[Stored data]
►

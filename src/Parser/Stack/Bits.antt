-- ===== src/Parser/Stack/Bits.antt =====
-- One byte of the bit-packed stack of parser.c, by evaluation over all bytes.
use embedjson.Base.Bytes.{passes, passes-at}
use embedjson.Base.{ℕ, ◌<◌, ◌≡◌, ◌≢◌, refl, Bool, true, false, ◌||◌, ltb, ◌==◌, ltb→lt, arith}
use embedjson.Parser.Stack.{write_bit, read_bit}
use embedjson.Parser.{Bracket, curly, square}

abbrev same : Bracket → Bracket → Bool
same curly curly = true
same square square = true
same _ _ = false

same→eq : (a b : Bracket) → same a b ≡ true → a ≡ b
same→eq curly b h = ground arith
same→eq square b h = ground arith

self_table :
    (v : Bracket) → passes (λ n. passes (λ x. same (read_bit (write_bit v x n) n) v) 256) 8 ≡ true
unfolding passes read_bit write_bit
self_table curly = refl
self_table square = refl

abbrev keeps : Bracket → ℕ → ℕ → ℕ → Bool
keeps v x n m = n == m || same (read_bit (write_bit v x n) m) (read_bit x m)

other_table : (v : Bracket) → passes (λ n. passes (λ m. passes (λ x. keeps v x n m) 256) 8) 8 ≡ true
unfolding passes read_bit write_bit
other_table curly = refl
other_table square = refl

range_table : (v : Bracket) → passes (λ n. passes (λ x. ltb (write_bit v x n) 256) 256) 8 ≡ true
unfolding passes write_bit
range_table curly = refl
range_table square = refl

pub read_bit-write_bit_self :
    (v : Bracket) (x n : ℕ) → x < 256 → n < 8 → read_bit (write_bit v x n) n ≡ v
read_bit-write_bit_self v x n hx hn =
    same→eq _ _ (passes-at _ 256 x (passes-at _ 8 n (self_table v) hn) hx)

pub write_bit-lt : (v : Bracket) (x n : ℕ) → x < 256 → n < 8 → write_bit v x n < 256
write_bit-lt v x n hx hn = ltb→lt _ _ (passes-at _ 256 x (passes-at _ 8 n (range_table v) hn) hx)

pub read_bit-write_bit_ne :
    (v : Bracket) (x n m : ℕ)
    → x < 256
    → n < 8
    → m < 8
    → n ≢ m
    → read_bit (write_bit v x n) m ≡ read_bit x m
read_bit-write_bit_ne v x n m hx hn hm ne =
    let row = passes-at _ 8 m (passes-at _ 8 n (other_table v) hn) hm in
    let kept = passes-at _ 256 x row hx in same→eq _ _ (ground arith)
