-- ===== src/Parser/Stack/Refine.antt =====
-- The bit-packed stack of parser.c holds a list of brackets, the innermost one first.
use embedjson.Base.{
  ℕ, zero, suc, ◌*◌, ◌/◌, ◌%◌, ◌≤◌, ◌<◌, ◌≡◌, refl, ap, sym, ◌∙◌, List, [], ◌∷◌, Option, none, some,
  length, get_elem?, set, All, All-get_elem?, All-set, get_elem?-set_self, get_elem?-set_ne, arith,
}
use embedjson.Parser.Stack.Bits.{read_bit-write_bit_self, read_bit-write_bit_ne, write_bit-lt}
use embedjson.Parser.Stack.{write_bit, read_bit}
use embedjson.Parser.{Bracket, curly}
use mathlib.Core.Path.{ap₂}
use native.Mathlib.Decide.{ℕ_discrete}

abbrev pub Bytes : List ℕ → Type 0
Bytes = All (λ b. b < 256)

-- Bit `i`; outside the stack there is none, and the answer is of no use.
abbrev pub bit_of : Option ℕ → ℕ → Bracket
bit_of none n = curly
bit_of (some b) n = read_bit b n

abbrev pub bracket_at : List ℕ → ℕ → Bracket
bracket_at stack i = bit_of (get_elem? stack (i / 8)) (i % 8)

abbrev pub contents : List ℕ → ℕ → List Bracket
contents stack zero = []
contents stack (suc n) = bracket_at stack n ∷ contents stack n

-- The stack with bit `n` written, where `x` is the byte that holds it.
abbrev pub written : Bracket → List ℕ → ℕ → ℕ → List ℕ
written v stack x n = set stack (n / 8) (write_bit v x (n % 8))

module _ (v : Bracket) (stack : List ℕ) (x n : ℕ) (bytes : Bytes stack)
    (at_byte : get_elem? stack (n / 8) ≡ some x) (room : n < 8 * length stack) where
  byte_lt : x < 256
  byte_lt = All-get_elem? (λ b. b < 256) stack (n / 8) bytes at_byte

  new_byte : get_elem? (written v stack x n) (n / 8) ≡ some (write_bit v x (n % 8))
  new_byte = get_elem?-set_self stack (n / 8) _ (omega arith)

  pub bracket_at-written : bracket_at (written v stack x n) n ≡ v
  bracket_at-written =
      ap (λ o. bit_of o (n % 8)) new_byte
      ∙ read_bit-write_bit_self v x (n % 8) byte_lt (omega arith)

  bracket_at-written_ne : (i : ℕ) → i < n → bracket_at (written v stack x n) i ≡ bracket_at stack i
  bracket_at-written_ne i lt = elim (ℕ_discrete (n / 8) (i / 8)) [
    | yes e ↦ rw (← e) (
        ap (λ o. bit_of o (i % 8)) new_byte
        ∙ read_bit-write_bit_ne v x (n % 8) (i % 8) byte_lt (omega arith) (omega arith)
            (omega arith)
        ∙ ap (λ o. bit_of o (i % 8)) (sym at_byte))
    | no ne ↦ ap (λ o. bit_of o (i % 8)) (get_elem?-set_ne stack (n / 8) (i / 8) _ ne)
  ]

  contents-written_below : (k : ℕ) → k ≤ n → contents (written v stack x n) k ≡ contents stack k
  contents-written_below zero le = refl
  contents-written_below (suc k) le =
      let rest = contents-written_below k (omega arith) in ap₂ ◌∷◌ (bracket_at-written_ne k le) rest

  -- Writing bit `n` pushes a bracket onto the `n` that are there.
  pub contents-written : contents (written v stack x n) (suc n) ≡ v ∷ contents stack n
  contents-written = ap₂ ◌∷◌ bracket_at-written (contents-written_below n (omega arith))

  pub Bytes-written : Bytes (written v stack x n)
  Bytes-written =
      All-set (λ b. b < 256) stack (n / 8) _ bytes (write_bit-lt v x (n % 8) byte_lt (omega arith))
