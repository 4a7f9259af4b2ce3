-- ===== src/Parser/Stack/Laws.antt =====
-- `stack_push`, `stack_pop` and `stack_top` of parser.c act on the list of open brackets.
use embedjson.Base.{
  ℕ, suc, ◌+◌, ◌-◌, ◌*◌, ◌/◌, ◌%◌, ◌≤◌, ◌<◌, ◌≡◌, refl, ap, sym, ◌∙◌, List, ◌∷◌, some, length,
  get_elem?, get_elem?-eq-get_or, get_or, length-set, ◌==◌, arith,
}
use embedjson.Common.{ret}
use embedjson.Config.{Config, size_mod}
use embedjson.Parser.Stack.Refine.{
  Bytes, bracket_at, contents, written, contents-written, Bytes-written,
}
use embedjson.Parser.Stack.{
  write_bit, stack_empty, stack_pop, stack_top, stack_write, capacity, bracket_read, stack_full,
}
use embedjson.Parser.{Bracket, Parser}

-- The capacity is the length of the stack in bytes, and `max_size` of `stack_full` holds eight
-- times that.
pub record HasStack {U : Type 0} (cfg : Config) (p : Parser U) : Type 0 where
  pub capacity_eq : capacity cfg p ≡ length p.stack
  pub small : length p.stack < 32
  pub size_le : p.stack_size ≤ 8 * length p.stack
  pub bytes : Bytes p.stack

-- The open brackets, the innermost one first.
abbrev pub brackets : {U : Type 0} → Parser U → List Bracket
brackets p = contents p.stack p.stack_size

abbrev pub room : {U : Type 0} → Parser U → ℕ
room p = 8 * length p.stack - p.stack_size

module _ {U : Type 0} where
  pub stack_empty-lem : (p : Parser U) → stack_empty p ≡ (p.stack_size == 0)
  unfolding stack_empty
  stack_empty-lem p = refl

  -- The byte that holds the bit of the next bracket.
  abbrev pub top_byte : Parser U → ℕ
  top_byte p = get_or p.stack (p.stack_size / 8) 0

  -- What `stack_push` leaves where there is room.
  abbrev pub pushed : Bracket → Parser U → Parser U
  pushed v p = record p {
    stack = written v p.stack (top_byte p) p.stack_size;
    stack_size = suc p.stack_size;
  }

module _ {U : Type 0} {cfg : Config} (p : Parser U) (ok : HasStack cfg p) where
  pub stack_full-eq : stack_full cfg p ≡ (p.stack_size == 8 * length p.stack)
  unfolding stack_full
  stack_full-eq = ap (λ k. p.stack_size == k) (omega (arith, ok.capacity_eq, ok.small))

  pub stack_pop-eq : (n : ℕ) → p.stack_size ≡ suc n → stack_pop p ≡ record p { stack_size = n }
  unfolding stack_pop
  stack_pop-eq n e = ap (λ k. record p { stack_size = k }) (omega arith)

  pub stack_top-eq : (n : ℕ) → p.stack_size ≡ suc n → stack_top p ≡ some (bracket_at p.stack n)
  unfolding stack_top
  stack_top-eq n e =
      let at_n : (p.stack_size + size_mod - 1) % size_mod ≡ n = omega arith in
      ap (bracket_read p.stack) at_n
      ∙ rw (get_elem?-eq-get_or p.stack (n / 8) 0 (omega arith), bracket_read)

  module _ (v : Bracket) (h : p.stack_size < 8 * length p.stack) where
    at_top : get_elem? p.stack (p.stack_size / 8) ≡ some (top_byte p)
    at_top = get_elem?-eq-get_or p.stack (p.stack_size / 8) 0 (omega arith)

    pub stack_write-eq : stack_write v p ≡ ret 0 (pushed v p)
    unfolding stack_write
    stack_write-eq =
        rw (at_top, stack_write)
          (ap
            (λ k.
              ret 0
                (record p { stack = written v p.stack (top_byte p) p.stack_size; stack_size = k }))
            (omega arith))

    pub HasStack-pushed : HasStack cfg (pushed v p)
    HasStack-pushed = record {
      capacity_eq = ok.capacity_eq ∙ sym (length-set p.stack _ _);
      small = omega (
        arith,
        length-set p.stack (p.stack_size / 8) (write_bit v (top_byte p) (p.stack_size % 8)),
        ok.small,
      );
      size_le = omega (
        arith,
        length-set p.stack (p.stack_size / 8) (write_bit v (top_byte p) (p.stack_size % 8)),
      );
      bytes = Bytes-written v p.stack (top_byte p) p.stack_size ok.bytes at_top h;
    }

    pub brackets-pushed : brackets (pushed v p) ≡ v ∷ brackets p
    brackets-pushed = contents-written v p.stack (top_byte p) p.stack_size ok.bytes at_top h
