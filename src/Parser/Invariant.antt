-- ===== src/Parser/Invariant.antt =====
-- The invariant of the parser of parser.c: its state fits its stack of open brackets.
use embedjson.Base.{ℕ, zero, suc, ◌≤◌, ◌≡◌, refl, ap, Bool, true, false, List, [], ◌∷◌, arith}
use embedjson.Client.{Event, Client}
use embedjson.Common.{Outcome, ret, ◌>>=◌}
use embedjson.Config.{Config}
use embedjson.Parser.Stack.Laws.{HasStack, brackets, stack_pop-eq, stack_top-eq}
use embedjson.Parser.Stack.Refine.{bracket_at, contents}
use embedjson.Parser.Stack.{stack_empty}
use embedjson.Parser.Handlers.{closed}
use embedjson.Parser.{
  ParserState, expect_value, maybe_object_key, expect_object_key, expect_colon, maybe_object_comma,
  expect_object_value, maybe_array_value, expect_array_value, maybe_array_comma, done, invalid,
  Bracket, curly, square, Parser, call,
}

abbrev pub within_object : List Bracket → Bool
within_object (curly ∷ rest) = true
within_object _ = false

abbrev pub within_array : List Bracket → Bool
within_array (square ∷ rest) = true
within_array _ = false

abbrev pub outside : List Bracket → Bool
outside [] = true
outside _ = false

-- The states inside an object have its bracket on top, and those inside an array its bracket.
abbrev pub fits : ParserState → List Bracket → Bool
fits expect_value stack = outside stack
fits maybe_object_key stack = within_object stack
fits expect_object_key stack = within_object stack
fits expect_colon stack = within_object stack
fits maybe_object_comma stack = within_object stack
fits expect_object_value stack = within_object stack
fits maybe_array_value stack = within_array stack
fits expect_array_value stack = within_array stack
fits maybe_array_comma stack = within_array stack
fits done stack = outside stack
fits invalid stack = false

pub record IsParser {U : Type 0} (cfg : Config) (p : Parser U) : Type 0 where
  pub has_stack : HasStack cfg p
  pub fit : fits p.state (brackets p) ≡ true

-- Every callback of the user returns 0.
abbrev pub Obliging : {U D : Type 0} → Client U D → Type 0
Obliging {U} {D} client = (e : Event D) (u : U) → (client.event e u).0 ≡ 0

-- The parser after a callback.
abbrev pub called : {U D : Type 0} → Client U D → Event D → Parser U → Parser U
called client e p = record p { user = (client.event e p.user).1 }

pub call-bind :
    {U D : Type 0} (client : Client U D)
    → Obliging client
    → (e : Event D) (p : Parser U) (f : Parser U → Outcome (Parser U))
    → (call client e p >>= f) ≡ f (called client e p)
call-bind client o e p f = ap (λ k. ret k (called client e p) >>= f) (o e p.user)

pub bind-of_ret :
    {A : Type 0} {m : Outcome A} {a : A} (f : A → Outcome A) → m ≡ ret 0 a → (m >>= f) ≡ f a
bind-of_ret f e = ap (λ m. m >>= f) e

-- What is on top where a bracket is open.
pub contents-cons :
    (stack : List ℕ) (m : ℕ) (b : Bracket) (rest : List Bracket)
    → contents stack m ≡ b ∷ rest
    → (n : ℕ) × (m ≡ suc n) × (bracket_at stack n ≡ b) × (contents stack n ≡ rest)
contents-cons stack zero b rest e = absurd (cc e)
contents-cons stack (suc n) b rest e = (n, refl, cc, cc)

pub contents-nil : (stack : List ℕ) (m : ℕ) → contents stack m ≡ [] → m ≡ 0
contents-nil stack zero e = refl
contents-nil stack (suc n) e = absurd (cc e)

-- The state that `closed` enters, by what is left.
abbrev pub closed_state : ParserState → ParserState → List Bracket → ParserState
closed_state in_object in_array [] = done
closed_state in_object in_array (curly ∷ rest) = in_object
closed_state in_object in_array (square ∷ rest) = in_array

module _ {U : Type 0} {cfg : Config} (p : Parser U) (ok : HasStack cfg p) where
  pub HasStack-state : (st : ParserState) → HasStack cfg (record p { state = st })
  HasStack-state st = record {
    capacity_eq = ok.capacity_eq;
    small = ok.small;
    size_le = ok.size_le;
    bytes = ok.bytes;
  }

  pub HasStack-user : (u : U) → HasStack cfg (record p { user = u })
  HasStack-user u = record {
    capacity_eq = ok.capacity_eq;
    small = ok.small;
    size_le = ok.size_le;
    bytes = ok.bytes;
  }

  pub HasStack-size : (n : ℕ) → n ≤ p.stack_size → HasStack cfg (record p { stack_size = n })
  HasStack-size n le = record {
    capacity_eq = ok.capacity_eq;
    small = ok.small;
    size_le = omega (arith, ok.size_le);
    bytes = ok.bytes;
  }

  pub closed-eq :
      (in_object in_array : ParserState) (n : ℕ)
      → p.stack_size ≡ suc n
      → closed in_object in_array p
        ≡ ret 0 (record p {
          stack_size = n;
          state = closed_state in_object in_array (contents p.stack n);
        })
  unfolding closed stack_empty
  closed-eq in_object in_array zero e = rw (stack_pop-eq p ok 0 e)
  closed-eq in_object in_array (suc n) e = ground (
    arith,
    stack_pop-eq p ok (suc n) e,
    stack_top-eq (record p { stack_size = suc n }) (HasStack-size (suc n) (omega arith)) n refl,
  )
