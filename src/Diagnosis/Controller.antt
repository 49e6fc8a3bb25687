-- ===== src/Diagnosis/Controller.antt =====
-- `AnalysisController` of tools/viewer/web/ai_provider.js. A run waits for its provider between two
-- events; the provider's replies, the timers and the user's clicks come as events in any order. The
-- context, its preview, the local findings and the texts of errors are left out; the validator's
-- verdict on a reply is a parameter.
pub mod Steps
pub mod Invariant
pub mod Overtaken
pub mod Ends
pub mod Trusted
use open_fpgastudio.Base.{
  ℕ, ◌+◌, Bool, true, false, not, ◌&&◌, ◌||◌, Option, none, some, [], ◌∷◌, ltb, ◌==◌, if◌then◌else◌,
  is_some,
}
use open_fpgastudio.Base.Texts.{Text, codes}

pub data Status : Type 0 where
  idle queued running validating completed cancelled failed : Status

-- `["queued", "running", "validating"].includes(status)`
unfoldable pub is_active : Status → Bool
is_active queued = true
is_active running = true
is_active validating = true
is_active _ = false

unfoldable pub is_cancelled : Status → Bool
is_cancelled cancelled = true
is_cancelled _ = false

-- `reason` of a run that failed or was cancelled; `code` is `error.code || "provider_error"`.
pub data Reason : Type 0 where
  cancel timeout validation_failed : Reason
  code : Text → Reason

-- What a provider throws: whether its name is "AbortError", `retryable`, and `code`.
pub record ProviderError : Type 0 where
  pub is_abort : Bool
  pub retryable : Bool
  pub code : Option Text

-- What the validator makes of a reply: it lets a result pass, it gives errors, or it throws.
pub data Checked (Result : Type 0) : Type 0 where
  passed : Result → Checked Result
  refused : Checked Result
  broke : Checked Result

-- `this.state`
pub record Shown (Result : Type 0) : Type 0 where
  pub status : Status
  pub generation : ℕ
  pub result : Option Result
  pub reason : Option Reason

-- A run that waits for its provider: `attempt`, and `options.retries || 0`.
pub record Attempt : Type 0 where
  pub attempt : ℕ
  pub retries : ℕ

-- The controller. Each run has the number of its generation, its `AbortController` too, of which
-- `this.abortController` is the one of the latest run; generation 0 has none.
pub record Controller (Result : Type 0) : Type 0 where
  pub generation : ℕ
  pub shown : Shown Result
  pub aborted : ℕ → Bool
  pub timers : ℕ → Bool
  pub waiting : ℕ → Option Attempt

abbrev pub update {ℓ} : {A : Type ℓ} → (ℕ → A) → ℕ → A → ℕ → A
update f i a j = if i == j then a else f j

abbrev pub error_code : Option Text → Text
error_code none = codes "provider_error"
error_code (some []) = codes "provider_error"
error_code (some (c ∷ cs)) = c ∷ cs

module _ {Result : Type 0} where
  abbrev pub show : Status → ℕ → Option Result → Option Reason → Shown Result
  show status generation result reason = record {
    status = status;
    generation = generation;
    result = result;
    reason = reason;
  }

  -- `constructor`
  abbrev pub new_controller : Controller Result
  new_controller = record {
    generation = 0;
    shown = record { status = idle; generation = 0; result = none; reason = none };
    aborted = λ g. false;
    timers = λ g. false;
    waiting = λ g. none;
  }

  -- `this.abortController.abort()`, of the latest run.
  unfoldable pub abort_latest : Controller Result → Controller Result
  abort_latest c = record c {
    aborted = if c.generation == 0 then c.aborted else update c.aborted c.generation true;
  }

  -- `cancel`
  unfoldable pub cancel_run : Controller Result → Controller Result
  unfolding abort_latest
  cancel_run c =
      let stopped = abort_latest c in
      record stopped {
        shown = if is_active c.shown.status then record c.shown { status = cancelled } else c.shown;
      }

  -- `run` up to `buildContext`; a run whose context cannot be built stays like this.
  abbrev pub queue_run : Controller Result → Controller Result
  queue_run c =
      let before = cancel_run c in
      let generation = c.generation + 1 in
      record before { generation = generation; shown = show queued generation none none }

  -- `run` up to the call of the provider, with a context that could be built.
  unfoldable pub start_run : ℕ → Controller Result → Controller Result
  start_run retries c =
      let made = queue_run c in
      let first : Attempt = record { attempt = 0; retries = retries } in
      record made {
        shown = record made.shown { status = running };
        timers = update made.timers made.generation true;
        waiting = update made.waiting made.generation (some first);
      }

  -- `finally`: the run is over.
  unfoldable pub finish : ℕ → Controller Result → Controller Result
  finish g c = record c { timers = update c.timers g false; waiting = update c.waiting g none }

  -- `catch`: what is shown after an error of the latest run.
  unfoldable pub shown_error : ℕ → Reason → Controller Result → Shown Result
  shown_error g reason c =
      if c.aborted g && is_cancelled c.shown.status
      then show cancelled g none (some cancel)
      else show failed g none (some (if c.aborted g then timeout else reason))

  unfoldable pub throw_error : ℕ → Reason → Controller Result → Controller Result
  unfolding finish
  throw_error g reason c =
      if g == c.generation
      then finish g (record c { shown = shown_error g reason c })
      else finish g c

  -- The timer of run `g` fires: it aborts `this.abortController`.
  unfoldable pub fire_timer : ℕ → Controller Result → Controller Result
  unfolding abort_latest
  fire_timer g c =
      let stopped = abort_latest c in record stopped { timers = update c.timers g false }

  -- The provider of run `g` throws: another attempt, or the error goes on.
  unfoldable pub retry_or_throw :
      ℕ → ProviderError → Option Attempt → Controller Result → Controller Result
  unfolding throw_error
  retry_or_throw g error none c = c
  retry_or_throw g error (some a) c =
      if error.is_abort || not error.retryable || not (ltb a.attempt a.retries)
      then throw_error g (code (error_code error.code)) c
      else record c { waiting = update c.waiting g (some (record a { attempt = a.attempt + 1 })) }

  unfoldable pub provider_throws : ℕ → ProviderError → Controller Result → Controller Result
  unfolding retry_or_throw
  provider_throws g error c = retry_or_throw g error (c.waiting g) c

  -- `state = { ...state, status: "validating" }`
  unfoldable pub validate_shown : Controller Result → Controller Result
  validate_shown c = record c { shown = record c.shown { status = validating } }

  -- What the validator makes of the reply of the latest run; what it throws has no `code`.
  unfoldable pub settle_reply : ℕ → Checked Result → Controller Result → Controller Result
  unfolding throw_error finish
  settle_reply g refused c = throw_error g validation_failed c
  settle_reply g broke c = throw_error g (code (error_code none)) c
  settle_reply g (passed result) c =
      finish g (record c { shown = show completed g (some result) none })

  -- The provider of run `g` replies.
  unfoldable pub provider_replies : ℕ → Checked Result → Controller Result → Controller Result
  unfolding validate_shown settle_reply finish
  provider_replies g checked c =
      if g == c.generation then settle_reply g checked (validate_shown c) else finish g c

◄

Copy all the lines above that hold the string "small".

  pub small : length p.stack < 32
  stack_full-eq = ap (λ k. p.stack_size == k) (omega (arith, ok.capacity_eq, ok.small))
      small = omega (
        ok.small,
    small = ok.small;
    small = ok.small;
    small = ok.small;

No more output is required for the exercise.